What are you buying with COWZ?
COWZ tracks the Pacer US Cash Cows 100 Index, which screens the Russell 1000 for the 100 companies with the highest trailing free-cash-flow yield and weights them by free cash flow generated, capped at 2% each. It charges 0.49%. Unlike a broad index fund or a book-value-based value fund, COWZ is built around a single signal, free cash flow yield, giving it a concentrated, quality-value tilt that can look very different from the S&P 500.
Largest holdings (approximate as of mid-2026; verify on Pacer ETFs's fund page):
What's the case for COWZ?
COWZ is the Pacer US Cash Cows 100 ETF, a factor fund that owns the 100 large- and mid-cap US companies with the highest free-cash-flow yield, screened from the Russell 1000 and weighted by the dollar amount of free cash flow they generate. It charges 0.49% and tilts toward cash-rich, often value-priced sectors like energy, healthcare, and consumer. Unlike a broad index fund such as SPY or a plain value fund, COWZ is built entirely around one signal: free cash flow yield. That single-factor design is its distinguishing trait, giving it a concentrated, quality-value character rather than broad market exposure.
In its favour: it gives you Pacer US Cash Cows 100 Index exposure in one ticker at a 0.49% expense ratio, which is simple to hold and cheap to own.
What should you weigh before buying COWZ?
- Cost vs alternatives: 0.49% is the fee; compare it to funds tracking a similar index.

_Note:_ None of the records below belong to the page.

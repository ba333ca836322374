-- ===== src/Shield/Strikes/Datagrams.antt =====
-- What forged datagrams do to the verdicts on connections (internal/shield/shield.go, offenders.go).
use freesbc.Base.{
  ℕ, ◌≤◌, String, ◌≡◌, ◌≢◌, refl, sym, ◌∙◌, inl, inr, Bool, true, false, Option, List, [], ◌∷◌,
  arith, Bool-cases, All,
}
use freesbc.Base.Assoc.{NoDup}
use freesbc.Base.Text.{codes, to_lower, text_eq, text_eq→≡}
use freesbc.Net.{Addr, AddrPort, Addr-discrete, unmap, bucket_key}
use freesbc.Shield.BanList
use freesbc.Shield.BanList.{BanList}
use freesbc.Shield.BanList.Verdict.{banned_invisible, banned-NoDup, ban-elsewhere}
use freesbc.Shield.Limiter.{Float}
use mathlib.Core.Path.{subst}
use freesbc.Shield.Offenders
use freesbc.Shield.Offenders.{StrikeLimit, OffenderKey}
use freesbc.Shield.Gate.{
  Shield, ShieldConfig, RateLimit, bannable_transport, is_udp, unmap_port, banned_from,
  banned_on_udp, allow_rate, scanner_datagram, check_scanner, check_from,
}
use freesbc.Shield.Strikes.{
  strike, strike_on, strike_ip, strike_limit, strike_counted, strike_ban, scoped, part_of,
  budget_of, counts_nothing,
}

bannable-not-udp : (tr : List ℕ) → bannable_transport tr ≡ true → is_udp tr ≡ false
unfolding bannable_transport is_udp text_eq
bannable-not-udp tr h = ground (
  arith,
  text_eq→≡ (to_lower tr) (codes "tcp"),
  text_eq→≡ (to_lower tr) (codes "tls"),
  text_eq→≡ (to_lower tr) (codes "ws"),
  text_eq→≡ (to_lower tr) (codes "wss"),
  text_eq→≡ (to_lower tr) (codes "udp"),
)

-- No caller can tell the two tables apart by the verdicts on `j` at `now` or later.
record Unseen (j : Addr) (now : ℕ) (b c : BanList Addr) : Type 0 where
  same :
      (t : ℕ)
      → now ≤ t
      → (BanList.banned Addr-discrete j t c).1 ≡ (BanList.banned Addr-discrete j t b).1
  distinct : NoDup Addr-discrete c.until

Unseen-refl :
    (j : Addr) (now : ℕ) (b : BanList Addr) → NoDup Addr-discrete b.until → Unseen j now b b
Unseen-refl j now b d = record { same = λ t h. refl; distinct = d }

Unseen-banned :
    (j : Addr) (now : ℕ) (b c : BanList Addr) (key : Addr)
    → Unseen j now b c
    → Unseen j now b (BanList.banned Addr-discrete key now c).0
Unseen-banned j now b c key u = record {
  same = λ t h. (banned_invisible Addr-discrete j key now t c u.distinct h).0 ∙ u.same t h;
  distinct = banned-NoDup Addr-discrete key now c u.distinct;
}

module _ (fl : Float) (parse : List ℕ → Option RateLimit)
    (parse_strike : List ℕ → Option StrikeLimit) (is_carrier : Addr → Bool)
    (vouched : List ℕ → AddrPort → Bool) where
  banned_from-bans :
      (src : AddrPort) (tr : List ℕ) (now : ℕ) (s : Shield fl)
      → (banned_from fl src tr now s).0.bans
        ≡ (BanList.banned Addr-discrete (unmap src.addr) now s.bans).0
  unfolding banned_from banned_on_udp
  banned_from-bans src tr now s = ground arith

  -- On a connection the verdict is that of the table of addresses.
  banned_from-stream :
      (src : AddrPort) (tr : List ℕ) (now : ℕ) (s : Shield fl)
      → bannable_transport tr ≡ true
      → (banned_from fl src tr now s).1
        ≡ (BanList.banned Addr-discrete (unmap src.addr) now s.bans).1
  unfolding banned_from
  banned_from-stream src tr now s h = ground (arith, bannable-not-udp tr h)

  allow_rate-bans :
      (src : AddrPort) (tr : List ℕ) (cfg : ShieldConfig) (now : ℕ) (s : Shield fl)
      → (allow_rate fl parse is_carrier vouched src tr cfg now s).0.bans ≡ s.bans
  unfolding allow_rate
  allow_rate-bans src tr cfg now s = ground arith

  check_scanner-bans :
      (src : AddrPort) (ua tr : List ℕ) (cfg : ShieldConfig) (now : ℕ) (s : Shield fl)
      → bannable_transport tr ≡ false
      → (check_scanner fl parse is_carrier vouched src ua tr cfg now s).0.bans
        ≡ (banned_from fl src tr now s).0.bans
  unfolding check_scanner scanner_datagram
  check_scanner-bans src ua tr cfg now s h = ground arith

  check_from-Unseen :
      (j : Addr) (src : AddrPort) (ua tr : List ℕ) (cfg : ShieldConfig) (now : ℕ) (s : Shield fl)
      → bannable_transport tr ≡ false
      → NoDup Addr-discrete s.bans.until
      → Unseen j now s.bans (check_from fl parse is_carrier vouched src ua tr cfg now s).0.bans
  unfolding check_from
  check_from-Unseen j src ua tr cfg now s h d =
      let asked = Unseen-banned j now s.bans s.bans (unmap src.addr) (Unseen-refl j now s.bans d) in
      let (s', hit) = banned_from fl src tr now s in
      let (s'', ok) = allow_rate fl parse is_carrier vouched (unmap_port src) tr cfg now s' in
      let first : Unseen j now s.bans s'.bans = rw (banned_from-bans src tr now s) asked in
      let rated : Unseen j now s.bans s''.bans =
        rw (allow_rate-bans (unmap_port src) tr cfg now s') first in
      elim (Bool-cases hit) [
        | inl banned ↦ rw banned first
        | inr clean ↦ elim (Bool-cases ok) [
          | inr refused ↦ rw (clean, refused) rated
          | inl admitted ↦
              rw
                (
                  clean,
                  admitted,
                  check_scanner-bans (unmap_port src) ua tr cfg now s'' h,
                  banned_from-bans (unmap_port src) tr now s'',
                )
                (Unseen-banned j now s.bans s''.bans (unmap (unmap src.addr)) rated)
        ]
      ]

  strike_on-bans :
      (src : Addr) (reason : String) (tr : List ℕ) (cfg : ShieldConfig) (now : ℕ) (s : Shield fl)
      → bannable_transport tr ≡ false
      → (strike_on fl parse_strike is_carrier src reason tr cfg now s).0.bans ≡ s.bans
  unfolding strike_on strike strike_counted strike_ban strike_limit
  strike_on-bans src reason tr cfg now s h = ground (arith, h)

  strike_limit-bans :
      (cfg : ShieldConfig) (reason : String) (s : Shield fl)
      → (strike_limit fl parse_strike cfg reason s).0.bans ≡ s.bans
  unfolding strike_limit
  strike_limit-bans cfg reason s = ground arith

  strike_counted-elsewhere :
      (j src : Addr) (reason : String) (lim : StrikeLimit) (cfg : ShieldConfig) (now : ℕ)
      (s : Shield fl)
      → j ≢ src
      → NoDup Addr-discrete s.bans.until
      → Unseen j now s.bans
          (strike_counted fl parse_strike is_carrier false src reason lim cfg now s).0.bans
  unfolding strike_counted strike_ban
  strike_counted-elsewhere j src reason lim cfg now s ne d =
      let key : OffenderKey = record {
        src = bucket_key src;
        reason = scoped false (budget_of reason);
      } in
      let (o, told) = Offenders.strike key (part_of false reason) lim now s.offenders in
      let other = λ (t : ℕ) (h : now ≤ t).
        ban-elsewhere Addr-discrete j src cfg.ban reason now t s.bans d ne h in
      elim (Bool-cases told.over) [
        | inr under ↦ rw under (Unseen-refl j now s.bans d)
        | inl over ↦
            rw over (record { same = λ t h. (other t h).0; distinct = (other now (omega arith)).1 })
      ]

  -- A strike bans no one but the address it is for.
  strike_ip-elsewhere :
      (j src : Addr) (reason : String) (cfg : ShieldConfig) (now : ℕ) (s : Shield fl)
      → j ≢ unmap src
      → NoDup Addr-discrete s.bans.until
      → Unseen j now s.bans (strike_ip fl parse_strike is_carrier src reason cfg now s).0.bans
  unfolding strike_ip strike
  strike_ip-elsewhere j src reason cfg now s ne d =
      let same : Unseen j now s.bans s.bans = Unseen-refl j now s.bans d in
      let (s', lim) = strike_limit fl parse_strike cfg reason s in
      let kept : s'.bans ≡ s.bans = strike_limit-bans cfg reason s in
      elim (Bool-cases (is_carrier (unmap src))) [
        | inl carrier ↦ rw carrier same
        | inr other ↦ elim (Bool-cases (counts_nothing lim)) [
          | inl off ↦ rw (other, off) (subst (Unseen j now s.bans) (sym kept) same)
          | inr on ↦
              let d' = subst (λ b. NoDup Addr-discrete b.until) (sym kept) d in
              let u = strike_counted-elsewhere j (unmap src) reason lim cfg now s' ne d' in
              rw (other, on)
                (subst
                  (λ b.
                    Unseen j now b
                      (strike_counted fl parse_strike is_carrier false (unmap src) reason lim cfg
                        now s').0.bans)
                  kept u)
        ]
      ]

  -- What a datagram makes the edge do: the gate checks it (`CheckFrom`), a strike is counted for it by
  -- `StrikeOn`, or, for a failed REGISTER, by `Strike`.
  pub data Datagram : Type 0 where
    gate : AddrPort → List ℕ → List ℕ → ShieldConfig → ℕ → Datagram
    struck : Addr → String → List ℕ → ShieldConfig → ℕ → Datagram
    struck_everywhere : Addr → String → ShieldConfig → ℕ → Datagram

  -- It came over a transport that is not connection-oriented, at `t` or before; and a strike that
  -- bans on every transport is for another address than `j`.
  abbrev pub ByDatagram : Addr → ℕ → Datagram → Type 0
  ByDatagram j t (gate src ua tr cfg now) = (bannable_transport tr ≡ false) × (now ≤ t)
  ByDatagram j t (struck src reason tr cfg now) = (bannable_transport tr ≡ false) × (now ≤ t)
  ByDatagram j t (struck_everywhere src reason cfg now) = (j ≢ unmap src) × (now ≤ t)

  pub after : Datagram → Shield fl → Shield fl
  after (gate src ua tr cfg now) s = (check_from fl parse is_carrier vouched src ua tr cfg now s).0
  after (struck src reason tr cfg now) s =
      (strike_on fl parse_strike is_carrier src reason tr cfg now s).0
  after (struck_everywhere src reason cfg now) s =
      (strike_ip fl parse_strike is_carrier src reason cfg now s).0

  pub run : List Datagram → Shield fl → Shield fl
  run [] s = s
  run (e ∷ es) s = run es (after e s)

  after-Unseen :
      (j : Addr) (t : ℕ) (e : Datagram) (s : Shield fl)
      → ByDatagram j t e
      → NoDup Addr-discrete s.bans.until
      → Unseen j t s.bans (after e s).bans
  unfolding after
  after-Unseen j t (gate src ua tr cfg now) s h d =
      let u = check_from-Unseen j src ua tr cfg now s h.0 d in
      record { same = λ t' le. u.same t' (omega arith); distinct = u.distinct }
  after-Unseen j t (struck src reason tr cfg now) s h d =
      rw (strike_on-bans src reason tr cfg now s h.0) (Unseen-refl j t s.bans d)
  after-Unseen j t (struck_everywhere src reason cfg now) s h d =
      let u = strike_ip-elsewhere j src reason cfg now s h.0 d in
      record { same = λ t' le. u.same t' (omega arith); distinct = u.distinct }

  run-Unseen :
      (j : Addr) (t : ℕ) (es : List Datagram) (s : Shield fl)
      → All (ByDatagram j t) es
      → NoDup Addr-discrete s.bans.until
      → Unseen j t s.bans (run es s).bans
  unfolding run
  run-Unseen j t [] s h d = Unseen-refl j t s.bans d
  run-Unseen j t (e ∷ es) s h d =
      let u = after-Unseen j t e s h.0 d in
      let v = run-Unseen j t es (after e s) h.1 u.distinct in
      record { same = λ t' le. v.same t' le ∙ u.same t' le; distinct = v.distinct }

  -- Datagrams with another source cannot get an address banned on a connection: after any number of
  -- checks by `CheckFrom` and strikes by `StrikeOn` for messages that came by datagram, from
  -- whatever source, that one included, and of strikes by `Strike`, which ban on every transport, as
  -- for a failed REGISTER, for other addresses, all up to an instant, the source is banned on tcp, tls, ws
  -- and wss at that instant exactly if it was before. The table of banned addresses holds none twice
  -- to begin with.
  pub run-spares :
      (t : ℕ) (es : List Datagram) (s : Shield fl) (src : AddrPort) (tr : List ℕ)
      → All (ByDatagram (unmap src.addr) t) es
      → NoDup Addr-discrete s.bans.until
      → bannable_transport tr ≡ true
      → (banned_from fl src tr t (run es s)).1 ≡ (banned_from fl src tr t s).1
  run-spares t es s src tr h d stream =
      banned_from-stream src tr t (run es s) stream
      ∙ (run-Unseen (unmap src.addr) t es s h d).same t (omega arith)
      ∙ sym (banned_from-stream src tr t s stream)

- Concentration: check how much of COWZ sits in its largest holdings (BKNG, LOW, HCA).
- Overlap: if you already own a broad-market fund, you may already hold much of this.
- Tracking scope: COWZ only gives you Pacer US Cash Cows 100 Index; it will not capture what sits outside that index.
How do you decide if COWZ is a buy?
The useful question is rarely “will COWZ go up?” It is “does this exposure fit my plan, at a cost I am happy with, without doubling up on what I already own?” Walnut connects your real brokerage so you can see exactly how COWZ would overlap with your current holdings, analyze it by chatting through Claude or ChatGPT, and place any trade yourself. You stay in control.
The bottom line on COWZ
The bottom line: COWZ is a low-cost core building block for Pacer US Cash Cows 100 Index exposure, not a tactical bet on a single name. If you want Pacer US Cash Cows 100 Index exposure and the 0.49% fee is competitive for you, it does its job well. If you already own that exposure through another fund, adding it mostly doubles a fee without adding diversification. Decide from your goal and your existing holdings, not from where the market sat last week. Walnut is not an investment adviser.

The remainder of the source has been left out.